As soon as gay prisoners arrived, they were ridiculed and beaten by the guards and separated from other inmates. At the Sachsenhausen camp, homosexuals were forced to test the durability of new synthetic soles. The test involved running up to 40 kilometers a day non-stop where they were followed by vicious dogs and beaten if they stopped. The prisoners ran until they dropped. Those in charge of the underground rocket factory at Dora-Mittelbau or in the Flossenburg and Buchenwald stone quarries tended to give the riskiest assignments to the gay prisoners.

Many homosexuals in concentration camps were effectively worked to death by a combination of incredibly hard labor and practically no rations. Gay men were always given the toughest tasks and were usually the first to endure beatings at the hands of guards. At Buchenwald, gay men were systematically murdered. To fulfill liquidation ‘targets,’ the guards gave homosexual prisoners impossible tasks. An example was forcing them to carry enormous rocks; they inevitably crumbled under the strain and executed for their failure.

Also at Buchenwald, Nazi doctors said they created a synthetic sex hormone that made gay men straight. The implants were a complete failure yet details of these experiments were not mentioned at the Nuremberg trials. Survivors of the camps spoke about the horrific treatment they received. One prisoner, Pierre Seel, recalled how he was tortured, raped, sodomized and beaten. On several occasions, the guards threw syringes at him as if he were a dartboard. His worst experience was watching the Nazis parade his lover in the yard and unleash dogs upon him. Seel’s lover was ripped to pieces and eaten by the animals; a scene that understandably haunted Seel for the rest of his life.

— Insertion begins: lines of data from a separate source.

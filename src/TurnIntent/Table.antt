-- ===== src/TurnIntent/Table.antt =====
-- CORE/runtime/turn_intent.py: `TURN_INTENTS`, `_spec` with its defaults, and `_SPECS`.
use super_memory_brain.Base.{
  String, Bool, true, false, Option, none, some, List, [], ◌∷◌, ◌==◌, if◌then◌else◌,
}

pub data Intent : Type 0 where
  direct greeting side_message task_status continuity design_evaluate plan_proposal : Intent
  issue_continuity issue_runtime issue_memory issue_ui user_correction memory_write : Intent

abbrev pub intent_name : Intent → String
intent_name direct = "direct"
intent_name greeting = "greeting"
intent_name side_message = "side_message"
intent_name task_status = "task_status"
intent_name continuity = "continuity"
intent_name design_evaluate = "design_evaluate"
intent_name plan_proposal = "plan_proposal"
intent_name issue_continuity = "super_brain_issue_continuity"
intent_name issue_runtime = "super_brain_issue_runtime"
intent_name issue_memory = "super_brain_issue_memory"
intent_name issue_ui = "super_brain_issue_ui"
intent_name user_correction = "user_correction"
intent_name memory_write = "memory_write"

abbrev pub turn_intents : List Intent
turn_intents =
    direct ∷ greeting ∷ side_message ∷ task_status ∷ continuity ∷ design_evaluate ∷ plan_proposal
    ∷ issue_continuity ∷ issue_runtime ∷ issue_memory ∷ issue_ui ∷ user_correction ∷ memory_write
    ∷ []

-- The intent of a name in a list of intents: `_SPECS.get(kind)`.
unfoldable pub named_in : String → List Intent → Option Intent
named_in name [] = none
named_in name (intent ∷ intents) =
    if intent_name intent == name then some intent else named_in name intents

unfoldable pub intent_of : String → Option Intent
unfolding named_in
intent_of name = named_in name turn_intents

pub record Spec : Type 0 where
  pub signals : List String
  pub governed : Bool
  pub response_profile : String
  pub problem_nature : String
  pub learning_target : String
  pub memory_use : String
  pub project_evidence : Bool
  pub plan_approval : String
  pub execution_assist_required : Bool
  pub execution_assist_allowed : Bool
  pub route_class : String
  pub activation_tier : String
  pub requires_task_pointer : Bool
  pub requires_project_proof : Bool
  pub requires_capability_route : Bool
  pub user_visible_state : String
  pub activation_route : String

-- `_spec()`
abbrev pub default_spec : Spec
default_spec = record {
  signals = [];
  governed = true;
  response_profile = "direct";
  problem_nature = "";
  learning_target = "none";
  memory_use = "scope_bound_recall";
  project_evidence = false;
  plan_approval = "not_applicable";
  execution_assist_required = false;
  execution_assist_allowed = true;
  route_class = "direct";
  activation_tier = "none";
  requires_task_pointer = false;
  requires_project_proof = false;
  requires_capability_route = false;
  user_visible_state = "direct";
  activation_route = "direct_answer";
}

abbrev insertion_spec : Spec
insertion_spec = record default_spec {
  governed = false;
  memory_use = "none";
  execution_assist_allowed = false;
}

abbrev collaborative_spec : List String → String → Spec
collaborative_spec signals profile = record default_spec {
  signals = signals;
  response_profile = profile;
  memory_use = "project_evidence_support";
  project_evidence = true;
  plan_approval = "required_before_mutation";
  execution_assist_required = true;
  route_class = "task";
  activation_tier = "task";
  requires_task_pointer = true;
  requires_project_proof = true;
  requires_capability_route = true;
  user_visible_state = "task";
  activation_route = "collaborative_intent";
}

abbrev issue_spec : List String → String → String → String → Spec
issue_spec signals nature target memory = record default_spec {
  signals = "super_brain_defect" ∷ "root_cause" ∷ "repair" ∷ signals;
  response_profile = "super_brain_issue";
  problem_nature = nature;
  learning_target = target;
  memory_use = memory;
  project_evidence = true;
  execution_assist_required = true;
  route_class = "diagnostic";
  activation_tier = "full_diagnostic";
  requires_task_pointer = true;
  requires_project_proof = true;
  requires_capability_route = true;
  user_visible_state = "diagnostic";
  activation_route = "fix_bug";
}

-- `_SPECS`
unfoldable pub spec : Intent → Spec
spec direct = default_spec
spec greeting = insertion_spec
spec side_message = insertion_spec
spec task_status = record default_spec {
  signals = "status" ∷ [];
  response_profile = "status";
  memory_use = "current_state_only";
  route_class = "task";
  activation_tier = "task";
  requires_task_pointer = true;
  user_visible_state = "task";
  activation_route = "current_task_status";
}
spec continuity = record default_spec {
  signals = "resume" ∷ "continue" ∷ "recovery" ∷ [];
  response_profile = "continuity";
  memory_use = "recovery_context";
  route_class = "continuity";
  activation_tier = "continuity_light";
  requires_task_pointer = true;
  requires_project_proof = true;
  user_visible_state = "continuity";
  activation_route = "current_session_continue";
}
spec design_evaluate = collaborative_spec ("design" ∷ "evaluate" ∷ "plan" ∷ []) "project_design"
spec plan_proposal = collaborative_spec ("plan" ∷ "proposal" ∷ "evaluate" ∷ []) "proposal"
spec issue_continuity =
    issue_spec ("resume" ∷ "continue" ∷ []) "execution_continuity" "execution_rule_candidate"
      "core_rule_first"
spec issue_runtime =
    issue_spec ("governed_turn" ∷ []) "hookless_runtime" "core_rule_candidate" "core_rule_first"
spec issue_memory =
    issue_spec ("memory_recall" ∷ []) "memory_recall_effect" "system_rule_candidate"
      "memory_recall_diagnosis"
spec issue_ui =
    issue_spec [] "memory_ui_projection" "experience_candidate" "project_projection_diagnosis"
spec user_correction = record default_spec {
  signals = "user_correction" ∷ "learning" ∷ [];
  response_profile = "correction";
  learning_target = "classification_required_before_learning";
  memory_use = "classify_before_write";
}
spec memory_write = record default_spec {
  signals = "remember" ∷ "learning" ∷ [];
  response_profile = "memory_candidate";
  learning_target = "memory_candidate_only";
  memory_use = "candidate_not_commit";
  route_class = "memory";
  activation_tier = "memory_only";
  requires_task_pointer = true;
  user_visible_state = "memory";
  activation_route = "memory_write_candidate";
}
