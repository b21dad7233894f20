-- ===== src/TurnIntent/Resolve.antt =====
-- CORE/runtime/turn_intent.py: `resolve_turn_intent`, and what its profiles have in common.
use super_memory_brain.Base.{
  ◌≡◌, refl, String, Bool, true, false, ◌&&◌, ◌||◌, not, Option, none, some, List, ◌∷◌, ◌==◌, arith,
  if◌then◌else◌, Bool-cases, inl, inr, member,
}
use super_memory_brain.Json.{Value, Python, to_text, is_falsy}
use super_memory_brain.Text.{strip}
use super_memory_brain.TurnIntent.Table.{
  Intent, direct, greeting, side_message, task_status, continuity, design_evaluate, plan_proposal,
  issue_continuity, issue_runtime, issue_memory, issue_ui, user_correction, memory_write, Spec,
  spec, intent_of,
}

pub record Profile : Type 0 where
  pub kind : Intent
  pub governed : Bool
  pub memory_mode : String
  pub rule_signals : List String
  pub response_order : String
  pub repair_mode : String
  pub learning_write_allowed : Bool
  pub spec_of : Spec

pub data Resolved : Type 0 where
  intent_invalid memory_mode_invalid : String → Resolved
  current : Profile → String → Resolved

-- `str(value or default).strip().lower()`
unfoldable pub normalized : Python → String → Value → String
unfolding strip
normalized py default v = py.lower (strip (if is_falsy v then default else to_text py v))

unfoldable pub is_memory_mode : String → Bool
is_memory_mode mode = mode == "auto" || mode == "force" || mode == "off"

abbrev pub is_insertion : Intent → Bool
is_insertion greeting = true
is_insertion side_message = true
is_insertion _ = false

abbrev pub effective_mode : Intent → String → String
effective_mode intent mode = if is_insertion intent && mode == "auto" then "off" else mode

abbrev pub guarded_signals : Spec → List String
guarded_signals s = if s.governed then "mutation_guard" ∷ s.signals else s.signals

unfoldable pub profile : Intent → String → Profile
unfolding spec
profile intent mode =
    let s = spec intent in
    let issue = s.response_profile == "super_brain_issue" in
    record {
      kind = intent;
      governed = s.governed;
      memory_mode = effective_mode intent mode;
      rule_signals = guarded_signals s;
      response_order = if issue then "essence>fact_inference_unknown>repair>next" else "";
      repair_mode = if issue then "diagnose_and_repair" else "";
      learning_write_allowed = false;
      spec_of = s;
    }

unfoldable pub resolve_kind : (Profile → String) → String → Option Intent → String → Resolved
unfolding profile is_memory_mode
resolve_kind hash kind none mode = intent_invalid kind
resolve_kind hash kind (some intent) mode =
    if is_memory_mode mode
    then current (profile intent mode) (hash (profile intent mode))
    else memory_mode_invalid kind

unfoldable pub resolve_turn_intent : Python → (Profile → String) → Value → Value → Resolved
unfolding resolve_kind intent_of normalized
resolve_turn_intent py hash intent memory_mode =
    let kind = normalized py "direct" intent in
    resolve_kind hash kind (intent_of kind) (normalized py "auto" memory_mode)

abbrev implies : Bool → Bool → Bool
implies a b = not a || b

abbrev eq_bool : Bool → Bool → Bool
eq_bool true b = b
eq_bool false b = not b

-- The obligations of a profile fit together.
unfoldable pub is_coherent : Profile → Bool
is_coherent p =
    not p.learning_write_allowed
    && eq_bool (member "mutation_guard" p.rule_signals) p.governed
    && eq_bool (is_insertion p.kind) (not p.governed)
    && implies p.spec_of.execution_assist_required p.spec_of.execution_assist_allowed
    && implies p.spec_of.execution_assist_allowed p.governed
    && implies p.spec_of.requires_project_proof p.spec_of.requires_task_pointer
    && eq_bool p.spec_of.requires_capability_route p.spec_of.execution_assist_required
    && implies (p.spec_of.plan_approval == "required_before_mutation") p.spec_of.project_evidence
    && eq_bool (p.repair_mode == "") (p.response_order == "")

-- What each answer says of the normalized arguments: the name of an intent, and a memory mode.
unfoldable pub IsSound : (Profile → String) → String → String → Resolved → Type 0
IsSound hash name mode (intent_invalid kind) = (kind ≡ name) × (intent_of name ≡ none)
IsSound hash name mode (memory_mode_invalid kind) =
    (kind ≡ name)
    × ((intent : Intent) × (intent_of name ≡ some intent))
    × (is_memory_mode mode ≡ false)
IsSound hash name mode (current p payload_hash) =
    (intent_of name ≡ some p.kind)
    × (is_memory_mode mode ≡ true)
    × (p.memory_mode ≡ (if is_insertion p.kind && mode == "auto" then "off" else mode))
    × (is_memory_mode p.memory_mode ≡ true)
    × ((is_insertion p.kind && p.memory_mode == "auto") ≡ false)
    × (p.spec_of ≡ spec p.kind)
    × (p.governed ≡ p.spec_of.governed)
    × (is_coherent p ≡ true)
    × (payload_hash ≡ hash p)

pub profile-is_coherent :
    (intent : Intent) (mode : String) → is_coherent (profile intent mode) ≡ true
unfolding profile spec is_coherent
profile-is_coherent direct mode = refl
profile-is_coherent greeting mode = refl
profile-is_coherent side_message mode = refl
profile-is_coherent task_status mode = refl
profile-is_coherent continuity mode = refl
profile-is_coherent design_evaluate mode = refl
profile-is_coherent plan_proposal mode = refl
profile-is_coherent issue_continuity mode = refl
profile-is_coherent issue_runtime mode = refl
profile-is_coherent issue_memory mode = refl
profile-is_coherent issue_ui mode = refl
profile-is_coherent user_correction mode = refl
profile-is_coherent memory_write mode = refl

is_memory_mode-effective_mode :
    (intent : Intent) (mode : String)
    → is_memory_mode mode ≡ true
    → is_memory_mode (effective_mode intent mode) ≡ true
unfolding is_memory_mode
is_memory_mode-effective_mode intent mode h =
    elim (Bool-cases (is_insertion intent && mode == "auto")) [ inl e ↦ rw e refl | inr e ↦ rw e h ]

effective_mode-insertion :
    (intent : Intent) (mode : String)
    → (is_insertion intent && effective_mode intent mode == "auto") ≡ false
effective_mode-insertion intent mode = elim (Bool-cases (is_insertion intent && mode == "auto")) [
  | inl e ↦ rw e (ground arith)
  | inr e ↦ rw e e
]

checked_mode-IsSound :
    (hash : Profile → String) (kind : String) (intent : Intent) (mode : String)
    → intent_of kind ≡ some intent
    → IsSound hash kind mode (resolve_kind hash kind (some intent) mode)
unfolding resolve_kind IsSound profile
checked_mode-IsSound hash kind intent mode h = elim (Bool-cases (is_memory_mode mode)) [
  | inl e ↦ rw e (
    h,
    e,
    refl,
    is_memory_mode-effective_mode intent mode e,
    effective_mode-insertion intent mode,
    refl,
    refl,
    profile-is_coherent intent mode,
    refl,
  )
  | inr e ↦ rw e (refl, (intent, h), e)
]

resolve_kind-IsSound :
    (hash : Profile → String) (kind : String) (o : Option Intent) (mode : String)
    → intent_of kind ≡ o
    → IsSound hash kind mode (resolve_kind hash kind o mode)
unfolding resolve_kind IsSound
resolve_kind-IsSound hash kind none mode h = (refl, h)
resolve_kind-IsSound hash kind (some intent) mode h = checked_mode-IsSound hash kind intent mode h

-- Whatever the two arguments, the answer fits their normalized texts. An intent is refused, under
-- its name, only when the name is not in the table; a memory mode only when the intent is in the
-- table and the mode is none of the three. A current profile is that of the intent that the table
-- has for the name, with the obligations of the table, which fit together; its memory mode is the
-- valid one that was asked for, but `off` in place of `auto` for a greeting or a side message; and
-- its hash is its own.
pub resolve_turn_intent-IsSound :
    (py : Python) (hash : Profile → String) (intent memory_mode : Value)
    → IsSound hash
        (normalized py "direct" intent)
        (normalized py "auto" memory_mode)
        (resolve_turn_intent py hash intent memory_mode)
unfolding resolve_turn_intent
resolve_turn_intent-IsSound py hash intent memory_mode =
    let kind = normalized py "direct" intent in
    resolve_kind-IsSound hash kind (intent_of kind) (normalized py "auto" memory_mode) refl
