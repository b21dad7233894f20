-- ===== src/TurnIntent/Tests.antt =====
-- A greeting with the memory mode left open.
use super_memory_brain.Base.{◌≡◌, refl, String}
use super_memory_brain.Json.{null, text, Python}
use super_memory_brain.Text.{strip}
use super_memory_brain.TurnIntent.Table.{intent_of, greeting}
use super_memory_brain.TurnIntent.Resolve.{
  Profile, current, memory_mode_invalid, IsSound, normalized, profile, resolve_turn_intent,
  resolve_turn_intent-IsSound,
}

abbrev python : Python
python = record { str = λ v. ""; lower = λ s. s; casefold = λ s. s }

abbrev mode_as_hash : Profile → String
mode_as_hash p = p.memory_mode

resolves_greeting :
    resolve_turn_intent python mode_as_hash (text " greeting ") null
    ≡ current (profile greeting "auto") "off"
unfolding resolve_turn_intent profile intent_of strip
resolves_greeting = refl

refuses_mode :
    resolve_turn_intent python mode_as_hash null (text "always") ≡ memory_mode_invalid "direct"
unfolding resolve_turn_intent profile intent_of strip
refuses_mode = refl

resolve_turn_intent-IsSound_example :
    IsSound mode_as_hash
      (normalized python "direct" (text " greeting "))
      (normalized python "auto" null)
      (resolve_turn_intent python mode_as_hash (text " greeting ") null)
resolve_turn_intent-IsSound_example =
    resolve_turn_intent-IsSound python mode_as_hash (text " greeting ") null
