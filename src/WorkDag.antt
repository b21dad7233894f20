-- ===== src/WorkDag.antt =====
-- CORE/runtime/work_dag.py: the dependency graph of a plan, bound to one revision of an execution
-- contract, its validation, its projection and its storage.
pub mod Contract
pub mod Graph
pub mod Definition
pub mod State
pub mod Projection
pub mod Store
pub mod Inversion
pub mod Normal
pub mod Swap
pub mod Plan
pub mod Progress
pub mod Running
pub mod Total
pub mod Order
pub mod View
pub mod Accepts
pub mod Valid
pub mod Seeding
pub mod Seeds
pub mod Complete
pub mod Default
pub mod Rounds
pub mod Compact
pub mod Acyclic
pub mod Search
pub mod Cycles
pub mod Tests
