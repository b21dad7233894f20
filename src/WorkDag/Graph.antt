-- ===== src/WorkDag/Graph.antt =====
-- CORE/runtime/work_dag.py: `_detect_cycle`, a depth-first search with the sets `visiting` and
-- `visited` of its closure.
use super_memory_brain.Base.{
  ℕ, zero, suc, String, Bool, true, false, none, some, List, [], ◌∷◌, ◌==◌, member, length,
  if◌then◌else◌,
}
use super_memory_brain.Base.Dict.{Dict, get}

-- The dependencies of each node.
abbrev pub Graph : Type 0
Graph = Dict (List String)

-- `nodes.get(node_id, [])`
unfoldable pub dependencies : Graph → String → List String
unfolding get
dependencies g id = elim (get id g) [ none ↦ [] | some ids ↦ ids ]

abbrev pub keys : Graph → List String
keys [] = []
keys ((id, _) ∷ g) = id ∷ keys g

pub record Marks : Type 0 where
  pub visiting : List String
  pub visited : List String

-- What a walk answers: `False` with the sets it leaves, `True`, or that its fuel ran out.
pub data Walk : Type 0 where
  clear : Marks → Walk
  found starved : Walk

-- `names.remove(id)` of a set
unfoldable pub without_name : String → List String → List String
without_name id [] = []
without_name id (name ∷ names) =
    let rest = without_name id names in if name == id then rest else name ∷ rest

abbrev pub enter : String → Marks → Marks
enter id m = record m { visiting = id ∷ m.visiting }

unfoldable pub leave : String → Marks → Marks
unfolding without_name
leave id m = record { visiting = without_name id m.visiting; visited = id ∷ m.visited }

abbrev pub then_walk : Walk → (Marks → Walk) → Walk
then_walk (clear m) next = next m
then_walk found next = found
then_walk starved next = starved

-- The calls of `step` one after the other, up to the first that answers `True`.
unfoldable pub walk_each : (String → Marks → Walk) → List String → Marks → Walk
walk_each step [] m = clear m
walk_each step (id ∷ ids) m = then_walk (step id m) (λ m'. walk_each step ids m')

-- `walk`
unfoldable pub walk : ℕ → Graph → String → Marks → Walk
unfolding walk_each dependencies leave
walk zero g id m = starved
walk (suc fuel) g id m =
    let inner = walk_each (walk fuel g) (dependencies g id) (enter id m) in
    if member id m.visited
    then clear m
    else if member id m.visiting
    then found
    else then_walk inner (λ m'. clear (leave id m'))

abbrev pub no_marks : Marks
no_marks = record { visiting = []; visited = [] }

unfoldable pub search_cycle : Graph → Walk
unfolding walk walk_each
search_cycle g = walk_each (walk (suc (length (keys g))) g) (keys g) no_marks

-- `_detect_cycle`; a search out of fuel would count as a cycle.
unfoldable pub detect_cycle : Graph → Bool
unfolding search_cycle
detect_cycle g = elim (search_cycle g) [ clear m ↦ false | found ↦ true | starved ↦ true ]
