-- ===== src/WorkDag/Contract.antt =====
-- CORE/runtime/work_dag.py: the constants, `_compact`, `_contract_view` and `_default_definition`.
use Prim.Native.Nat.{compare, Ordering}
use Prim.Native.String.{compare as compare_text}
use super_memory_brain.Base.{
  ℕ, suc, String, Bool, true, false, not, ◌&&◌, ◌||◌, Option, none, some, List, [], ◌∷◌, ltb, leb,
  eqb, member, ◌==◌, if◌then◌else◌,
}
use super_memory_brain.Json.{
  Value, null, bool, int, negative, float, text, arr, obj, Items, end, item, Fields, get_or_null,
  count, is_true, fields_of, items_of,
}
use super_memory_brain.Text.{squeeze, size, sized_in, led_shape, is_hex, is_letter, is_alnum}

abbrev pub max_nodes : ℕ
max_nodes = 48

abbrev pub max_dependencies : ℕ
max_dependencies = 12

-- `[A-Za-z][A-Za-z0-9._:-]{1,159}`
unfoldable pub node_id_re : String → Bool
unfolding led_shape is_letter is_alnum
node_id_re =
    led_shape is_letter (λ n. is_alnum n || eqb n b'.' || eqb n b'_' || eqb n b':' || eqb n b'-') 1
      159

-- `[a-f0-9]{64}`, `[a-f0-9]{16,96}`
unfoldable pub hash_re : String → Bool
unfolding sized_in is_hex
hash_re = sized_in is_hex 64 64

unfoldable pub plan_fingerprint_re : String → Bool
unfolding sized_in is_hex
plan_fingerprint_re = sized_in is_hex 16 96

-- What the module takes from Python: SHA-256 over the canonical JSON of a value, and `int` of a
-- text or a float, 0 where that is not positive or raises.
pub record Runtime : Type 0 where
  pub canonical_hash : Value → String
  pub whole : Value → ℕ

-- `int(value or 0)`, 0 where it is not positive or raises a `TypeError` or a `ValueError`: the
-- callers refuse both alike. The `OverflowError` of an infinite float, which the source does not
-- catch, is not modelled.
unfoldable pub whole_of : Runtime → Value → ℕ
whole_of r (int n) = n
whole_of r (bool b) = if b then 1 else 0
whole_of r (text s) = if s == "" then 0 else r.whole (text s)
whole_of r float = r.whole float
whole_of r null = 0
whole_of r (negative n) = 0
whole_of r (arr xs) = 0
whole_of r (obj fs) = 0

-- Result codes, without their prefix H7_WORK_DAG_.
pub data DagCode : Type 0 where
  contract_unavailable contract_invalid definition_fields_invalid definition_invalid : DagCode
  definition_coverage_invalid definition_cycle_or_coverage_invalid state_invalid : DagCode
  h7_binding_stale current action_invalid seed_idempotent seed_requires_refresh seeded : DagCode
  state_unavailable refresh_definition_required refreshed lock_timeout : DagCode

-- A parse that refuses with `(None, code)`.
pub data Parsed {ℓ} (A : Type ℓ) : Type ℓ where
  refused : DagCode → Parsed A
  parsed : A → Parsed A

infixl 5 ◌>>=◌ ◌>>◌
abbrev pub ◌>>=◌ {ℓ κ} : {A : Type ℓ} {B : Type κ} → Parsed A → (A → Parsed B) → Parsed B
refused c >>= f = refused c
parsed a >>= f = f a

abbrev pub ◌>>◌ {ℓ} : {B : Type ℓ} → Parsed (Unit {0}) → Parsed B → Parsed B
m >> k = m >>= λ _. k

-- `if not test: return None, code`
abbrev pub demand : Bool → DagCode → Parsed (Unit {0})
demand true code = parsed tt
demand false code = refused code

abbrev pub demand_some {ℓ} : {A : Type ℓ} → Option A → DagCode → Parsed A
demand_some none code = refused code
demand_some (some a) code = parsed a

abbrev pub compact_within : ℕ → String → Option String
compact_within maximum normalized =
    if not (normalized == "") && leb (size normalized) maximum then some normalized else none

-- `_compact`
unfoldable pub compacted : ℕ → Value → Option String
unfolding squeeze
compacted maximum (text s) = compact_within maximum (squeeze s)
compacted maximum null = none
compacted maximum (bool b) = none
compacted maximum (int n) = none
compacted maximum (negative n) = none
compacted maximum float = none
compacted maximum (arr xs) = none
compacted maximum (obj fs) = none

-- `_TASK_STATUS`
pub data Status : Type 0 where
  pending in_progress completed blocked cancelled : Status

unfoldable pub status_of : String → Option Status
status_of s =
    if s == "pending"
    then some pending
    else if s == "in_progress"
    then some in_progress
    else if s == "completed"
    then some completed
    else if s == "blocked"
    then some blocked
    else if s == "cancelled"
    then some cancelled
    else none

pub record PlanItem : Type 0 where
  pub node_id : String
  pub label : String
  pub status : Status
  pub ordinal : ℕ

-- The loop over `items`, with the set `seen`.
unfoldable pub plan_item : Runtime → List String → Fields → Parsed PlanItem
unfolding compacted node_id_re status_of whole_of get_or_null
plan_item r seen fields = do
  id ← demand_some (compacted 160 (get_or_null "itemId" fields)) contract_invalid
  label ← demand_some (compacted 180 (get_or_null "label" fields)) contract_invalid
  status_text ← demand_some (compacted 32 (get_or_null "status" fields)) contract_invalid
  status ← demand_some (status_of status_text) contract_invalid
  demand (node_id_re id && not (member id seen)) contract_invalid
  demand (ltb 0 (whole_of r (get_or_null "ordinal" fields))) contract_invalid
  parsed (record {
    node_id = id;
    label = label;
    status = status;
    ordinal = whole_of r (get_or_null "ordinal" fields);
  })

unfoldable pub plan_items : Runtime → List String → Items → Parsed (List PlanItem)
unfolding plan_item
plan_items r seen end = parsed []
plan_items r seen (item (obj fields) items) = do
  first ← plan_item r seen fields
  rest ← plan_items r (first.node_id ∷ seen) items
  parsed (first ∷ rest)
plan_items r seen (item v items) = refused contract_invalid

abbrev not_after : Ordering → Bool
not_after Ordering.gt = false
not_after Ordering.lt = true
not_after Ordering.eq = true

-- The order of the key `(ordinal, nodeId)`.
abbrev pub comes_before : PlanItem → PlanItem → Bool
comes_before a b = elim (compare a.ordinal b.ordinal) [
  | Ordering.lt ↦ true
  | Ordering.eq ↦ not_after (compare_text a.node_id b.node_id)
  | Ordering.gt ↦ false
]

unfoldable pub insert_item : PlanItem → List PlanItem → List PlanItem
insert_item a [] = a ∷ []
insert_item a (b ∷ items) = if comes_before a b then a ∷ b ∷ items else b ∷ insert_item a items

unfoldable pub sort_items : List PlanItem → List PlanItem
unfolding insert_item
sort_items [] = []
sort_items (a ∷ items) = insert_item a (sort_items items)

-- `[ordinals] == list(range(first, first + len))`
unfoldable pub is_numbered : ℕ → List PlanItem → Bool
is_numbered first [] = true
is_numbered first (a ∷ items) = eqb a.ordinal first && is_numbered (suc first) items

pub record ContractView : Type 0 where
  pub task_id : String
  pub task_instance_id : String
  pub workspace_key : String
  pub owner_session_key : String
  pub contract_revision : ℕ
  pub plan_fingerprint : String
  pub plan : List PlanItem

-- The contract's own fields, before its plan is read.
unfoldable pub contract_head : Runtime → Fields → Parsed ContractView
unfolding compacted whole_of plan_fingerprint_re get_or_null
contract_head r fields =
    let receipt = fields_of (get_or_null "planReceipt" fields) in
    let revision = whole_of r (get_or_null "revision" fields) in
    do
      task ← demand_some (compacted 160 (get_or_null "taskId" fields)) contract_invalid
      instance_ ← demand_some (compacted 80 (get_or_null "taskInstanceId" fields)) contract_invalid
      workspace ← demand_some (compacted 160 (get_or_null "workspaceKey" fields)) contract_invalid
      owner ← demand_some (compacted 160 (get_or_null "ownerSessionKey" fields)) contract_invalid
      demand (ltb 0 revision) contract_invalid
      plan ← demand_some (compacted 96 (get_or_null "planFingerprint" receipt)) contract_invalid
      demand (plan_fingerprint_re plan) contract_invalid
      parsed (record {
        task_id = task;
        task_instance_id = instance_;
        workspace_key = workspace;
        owner_session_key = owner;
        contract_revision = revision;
        plan_fingerprint = plan;
        plan = [];
      })

-- `_contract_view`
unfoldable pub contract_view : Runtime → Value → Parsed ContractView
unfolding contract_head plan_items sort_items is_numbered get_or_null
contract_view r (obj fields) =
    let items = items_of (get_or_null "items" (fields_of (get_or_null "canonicalPlan" fields))) in
    do
      demand (is_true (get_or_null "ok" fields)) contract_unavailable
      head ← contract_head r fields
      demand (leb 1 (count items) && leb (count items) max_nodes) contract_invalid
      plan ← plan_items r [] items
      demand (is_numbered 1 (sort_items plan)) contract_invalid
      parsed (record head { plan = sort_items plan })
contract_view r _ = refused contract_unavailable

pub record Node : Type 0 where
  pub node_id : String
  pub depends_on : List String

-- `_default_definition`: each item depends on the one before it.
unfoldable pub chain : List String → List PlanItem → List Node
chain previous [] = []
chain previous (a ∷ items) =
    record { node_id = a.node_id; depends_on = previous } ∷ chain (a.node_id ∷ []) items

unfoldable pub default_nodes : ContractView → List Node
unfolding chain
default_nodes view = chain [] view.plan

Marked For Death: The Nazi War on Homosexuality
Picture of a gay concentration camp prisoner. Pink News

Brutal Prisoners

When gay men were not getting brutalized by the guards, they were beaten and mistreated by their fellow inmates. It was common for gay men to align themselves with Kapos or other prisoners in positions of authority. These homosexuals were known as ‘doll boys’ and received a certain level of protection while their affair lasted. Being a Kapo’s lover didn’t protect gay prisoners from the guards, and in many cases, the Kapo would kill the gay man once he got bored.

Some homosexual prisoners managed to get clerical and administrative jobs which shielded them from the worst recesses the guards and other inmates. One other way to survive was to agree to castration as a means of ‘curing’ their perceived sexual deviancy. At one stage, gay prisoners could agree to castration to benefit from reduced sentences. Towards the end of the war, homosexuals were castrated whether they agreed to it or not.

Ultimately, at least 15,000 homosexual men were officially sent to concentration camps although the figure is probably much higher. An unknown number of these men died in the camps; many of them were beaten and tortured to death in yet another sickening reminder of the evil deeds perpetrated by the Nazis.